As much as I'd like to congratulate your volunteerism: you know that your time is valuable and his employer is probably paying him $1/hr to call you?


Only your work time is valuable. Fucking with scammers is liesure time. It's like working in your garden.


Is a form of entertainment. Nothing wrong with that.


Well I suspect they get a commission which makes them so patient with the ones they have a possibility of extracting money from.


He really gave you his number ?


Yep. I really had the guy going. I spent a lot of time with him, at first feigning suspicion about who they were, then finally muddling around with the computer coming up with every possible way to make things difficult, but always remaining polite and thanking him repeatedly for "getting me out of a bind" and other silly sounding colloquialisms. I started pressing the info button on my phone so it would beep, and he gave me a number with a 918 area code. I looked it up and it's an Oklahoma number. That doesn't mean much though. The numbers could be issued by a SIP provider that terminates pretty much anywhere in the world.



Nice, and probably you make them lose money for the phone calls, which makes their activity less profitable.


While it's fun to do this, sometimes I think of the flipside. This scammer is probably trying to make a living and support his family. The company's owner though, is probably not in the need to do these unethical things. He/she should be screwed over.

I'm not advocating for his actions, just offering another point of view. Is it always correct to assume that the guy who xut you off in traffic is just an asshole, or does he really really need to be somewhere right now (eg. a hospital)?


What else would you suggest? Sure, the guy making the call is probably desperate, but by wasting his time, you are keeping him from calling gullible people.
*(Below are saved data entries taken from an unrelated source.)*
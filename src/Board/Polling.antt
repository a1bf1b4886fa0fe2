-- ===== src/Board/Polling.antt =====
-- src/board/delivery.ts: how long the poller waits for its next cycle.
pub mod Interval
use pi_kiwifs_memory.Prelude.{ℕ, ◌-◌, ◌*◌, ◌^◌, min, leb, if◌then◌else◌}

abbrev pub empty_polls_before_backoff : ℕ
empty_polls_before_backoff = 3

pub record Pace : Type 0 where
  pub active_poll_ms : ℕ
  pub backoff_base_ms : ℕ
  pub backoff_cap_ms : ℕ

abbrev pub default_pace : Pace
default_pace = record {
  active_poll_ms = 60000;
  backoff_base_ms = 60000;
  backoff_cap_ms = 15 * 60000;
}

-- For the number of consecutive empty polls.
pub next_interval_ms : Pace → ℕ → ℕ
next_interval_ms pace empty_polls =
    if leb empty_polls empty_polls_before_backoff
    then pace.active_poll_ms
    else min pace.backoff_cap_ms
        (pace.backoff_base_ms * 2 ^ min (empty_polls - empty_polls_before_backoff) 8)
Even if the guy making the call never costs the owner because the caller gets paid on numbers gleaned, it still ties up the owner's phone lines and costs him rent.
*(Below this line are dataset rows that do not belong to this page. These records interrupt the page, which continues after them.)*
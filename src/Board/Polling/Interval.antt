-- ===== src/Board/Polling/Interval.antt =====
-- src/board/delivery.ts: bounds and growth of the polling interval.
use pi_kiwifs_memory.Prelude.{ℕ, zero, suc, ◌+◌, ◌-◌, ◌*◌, ◌^◌, ◌≤◌, ◌≡◌, min, arith}
use pi_kiwifs_memory.Board.Polling.{Pace, next_interval_ms}

two_pow_mono : (a d : ℕ) → 2 ^ a ≤ 2 ^ (a + d)
two_pow_mono a zero = let e : a + 0 ≡ a = omega arith in rw e (omega arith)
two_pow_mono a (suc d) =
    let e : a + suc d ≡ suc (a + d) = omega arith in
    let ih = two_pow_mono a d in rw e (omega (arith, ih))

two_pow_le : (a b : ℕ) → a ≤ b → 2 ^ a ≤ 2 ^ b
two_pow_le a b h = let e : b ≡ a + (b - a) = omega (arith, h) in rw e (two_pow_mono a (b - a))

product_le : (k x y : ℕ) → x ≤ y → k * x ≤ k * y
product_le zero x y h = omega arith
product_le (suc k) x y h = omega (arith, h, product_le k x y h)

-- The delay is never below the active interval nor above the cap, and it does not shrink while the
-- number of empty polls grows, for an active interval up to the base and a base up to the cap.
next_interval_ms-bounds :
    (pace : Pace) (n m : ℕ)
    → pace.active_poll_ms ≤ pace.backoff_base_ms
    → pace.backoff_base_ms ≤ pace.backoff_cap_ms
    → n ≤ m
    → (pace.active_poll_ms ≤ next_interval_ms pace n)
      × (next_interval_ms pace n ≤ next_interval_ms pace m)
      × (next_interval_ms pace m ≤ pace.backoff_cap_ms)
unfolding next_interval_ms
next_interval_ms-bounds pace n m active base h =
    let one =
      product_le pace.backoff_base_ms 1 (2 ^ min (n - 3) 8)
        (two_pow_le 0 (min (n - 3) 8) (omega arith)) in
    let one' =
      product_le pace.backoff_base_ms 1 (2 ^ min (m - 3) 8)
        (two_pow_le 0 (min (m - 3) 8) (omega arith)) in
    let grows =
      product_le pace.backoff_base_ms (2 ^ min (n - 3) 8) (2 ^ min (m - 3) 8)
        (two_pow_le (min (n - 3) 8) (min (m - 3) 8) (omega (arith, h))) in
    (
      ground (arith, one, active, base),
      ground (arith, one, one', grows, active, base, h),
      ground (arith, active, base),
    )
Do you give money to scammers, then? After all, they're probably just trying to make a living....


No, bu why actively screw with the file and rank employee? Assuming he just gets a salary, cool, waste all his time (which costs the scamming company). But if he works on commission then why bother?
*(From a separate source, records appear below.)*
-- ===== src/Board/Tests.antt =====
-- Runs of src/board/delivery.ts and src/board/cleanup-rules.ts, and their theorems at concrete
-- inputs.
use pi_kiwifs_memory.Prelude.{
  ℕ, ◌≡◌, ◌↔◌, refl, is_some, ◌||◌, String, true, false, Option, none, some, [], ◌∷◌,
}
use pi_kiwifs_memory.Board.Cleanup.{
  CandidateReadView, seconds, evaluate_cleanup_candidate, eligible,
}
use pi_kiwifs_memory.Board.Cleanup.Eligible.{IsRemovable, evaluate-IsRemovable}
use pi_kiwifs_memory.Board.Entries.{DeliveryEntry, DeliveryState, get_entry}
use pi_kiwifs_memory.Board.Cycle.{
  Message, feed, listing, Fetched, accepted, answered, CycleDeps, BoardDelivery, discover,
  run_cycle_inner,
}
use pi_kiwifs_memory.Board.Cycle.Fresh.{run_cycle_inner-fresh}
use pi_kiwifs_memory.Board.Cycle.Concluded.{
  is_delivered, is_skipped, IsConcluded, run_cycle_inner-IsConcluded,
}

abbrev path : String
path = "board/general/0123456789abcdef.md"

abbrev old_message : CandidateReadView
old_message = record { from = "agent"; created = "1970-01-01"; ttl_seconds = seconds 60 }

evaluate-IsRemovable_example :
    (evaluate_cleanup_candidate (λ text. some 0) old_message (some 70000) "agent" 2592070001
      ≡ eligible)
    ↔ IsRemovable (λ text. some 0) old_message (some 70000) "agent" 2592070001
evaluate-IsRemovable_example =
    evaluate-IsRemovable (λ text. some 0) old_message (some 70000) "agent" 2592070001

abbrev entry : String → Option ℕ → DeliveryEntry
entry id acked = record {
  msg_id = id;
  path = path;
  channel = "general";
  delivered_at = some 5;
  acked_at = acked;
  skip = none;
  skipped_at = none;
}

abbrev tracked : DeliveryState
tracked = record { last_seq = some "7"; entries = entry "a" (some 6) ∷ entry "b" none ∷ [] }

abbrev greeting : Message
greeting = record { from = "peer"; to = "agent"; created = "2026-01-01"; body = "hello" }

abbrev pages : ℕ → String → Fetched
pages page since =
    feed (record { paths = path ∷ "personal/memory/x.md" ∷ path ∷ []; last_seq = some "9" })

abbrev deps : CycleDeps
deps = record {
  changes_at = pages;
  list_paths = λ excluded. listing [] false;
  read = λ p. answered (accepted greeting);
  deliver = λ p m. none;
  private_at_start = false;
  private_at_read = λ p. false;
  private_at_deliver = λ id. false;
  start_clock = 10;
  clock = λ id. 11;
  created_le = λ a b. true;
  recipient = some "agent";
  backlog_pause_at = 500;
  max_changes_pages = 20;
}

abbrev idle : BoardDelivery
idle = record {
  state = tracked;
  stopped = false;
  consecutive_empty_polls = 2;
  last_cycle_at = none;
  last_error = none;
  last_discovery_fallback = false;
}

run_cycle_inner-IsConcluded_example :
    IsConcluded deps (discover deps tracked).0 (some "7") (run_cycle_inner deps idle)
run_cycle_inner-IsConcluded_example = run_cycle_inner-IsConcluded deps idle

-- A cycle over a feed that shows only the tracked message once more.
abbrev known_path : String
known_path = "board/general/00000000000000aa.md"

abbrev known : DeliveryState
known = record { last_seq = none; entries = entry "00000000000000aa" none ∷ [] }

abbrev repeating : CycleDeps
repeating = record deps {
  changes_at = λ page since. feed (record { paths = known_path ∷ path ∷ []; last_seq = some "9" });
}

abbrev waiting : BoardDelivery
waiting = record idle { state = known }

known-tracked : is_some (get_entry "00000000000000aa" known.entries) ≡ true
unfolding get_entry
known-tracked = refl

run_cycle_inner-fresh_example :
    (is_delivered "00000000000000aa" (run_cycle_inner repeating waiting).0.delivered
      || is_skipped "00000000000000aa" (run_cycle_inner repeating waiting).0.skipped)
    ≡ false
run_cycle_inner-fresh_example =
    run_cycle_inner-fresh repeating waiting "00000000000000aa" known-tracked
I would put my efforts in bringing down the company itself. (In fact I am actively fighting a company that tried to scam me. But their low-level employees? I prefer to give them the benefit of the doubt).


Because he is actively harming people, most of whom are honest, and by screwing with him you are reducing the amount of harm he is able to do.


ok. I think it's more worthwhile to spend that time trying to bring the company down, not wasting 1 guy's time, out of hundreds or perhaps thousands.


That's entirely fair (and I think you're right, if your goal is to mitigate their harm as much as possible), but you were previously arguing that it was actually bad to screw with these people, not just a sub-optimal use of time.


If everybody tied these people up uselessly, then their business model would become untenable and they'd have to think of some other scam.


Maybe wasting his time will get him fired, and he can go get a real job instead. It's not like he wouldn't know he was working in a scam operation.